Jordan Montenegro

Amoebanator: Calibrated Triage for Severe CNS Infections

Clinical ML • Conformal • OOD

Abstract

Amoebanator is a 9-class differential diagnosis system for severe central nervous system infections, with primary amoebic meningoencephalitis (PAM) caused by Naegleria fowleri as the highest-stakes target class. The system pairs a calibrated probability over the 9 conditions with explicit abstention when the input falls outside the validated population.

Methods

PyTorch implementation built on the RigoBERTa Clinical encoder. A 5-model deep ensemble produces the predictive distribution.
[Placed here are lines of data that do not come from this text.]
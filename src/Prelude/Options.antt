-- ===== src/Prelude/Options.antt =====
-- Chains of steps that may stop: `none` is a panic of the source, whose message is left out.
use mathlib.Core.Path.{◌≡◌, refl}
use mathlib.Core.Option.{Option, none, some}

infixl 5 ◌>>=◌
abbrev pub ◌>>=◌ {ℓ κ} : {A : Type ℓ} {B : Type κ} → Option A → (A → Option B) → Option B
some a >>= f = f a
none >>= f = none

pub >>=-eq-some {ℓ κ} :
    {A : Type ℓ} {B : Type κ} (step : Option A) (next : A → Option B) {result : B}
    → (step >>= next) ≡ some result
    → (value : A) × (step ≡ some value) × (next value ≡ some result)
>>=-eq-some (some value) next h = (value, refl, h)
>>=-eq-some none next h = cc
Out-of-distribution detection is dual-gated, combining Mahalanobis distance in feature space with a logit-energy criterion. Abstention is governed by Mondrian per-class conformal prediction so coverage is controlled within each diagnostic class instead of pooled across the 9.

Calibration

Precision–Recall

Decision Curve (Net Benefit)

Results

Results will be reported in the medRxiv preprint targeted for May 28, 2026. The current development build evaluates calibration, ensemble disagreement, and OOD detection on held-out splits.

Limitations

PAM is rare. The ensemble is trained on a limited number of confirmed cases and a substantially larger set of differential diagnoses, which means OOD performance under true deployment shift is the primary unknown. External prospective validation is the next milestone.

Ethics

Decision support, not autonomous diagnosis. The abstention gate is the safety control. The model is intended to flag suspected PAM early enough that confirmatory CSF testing can be ordered, not to replace it.


Demo content for review. No clinical use.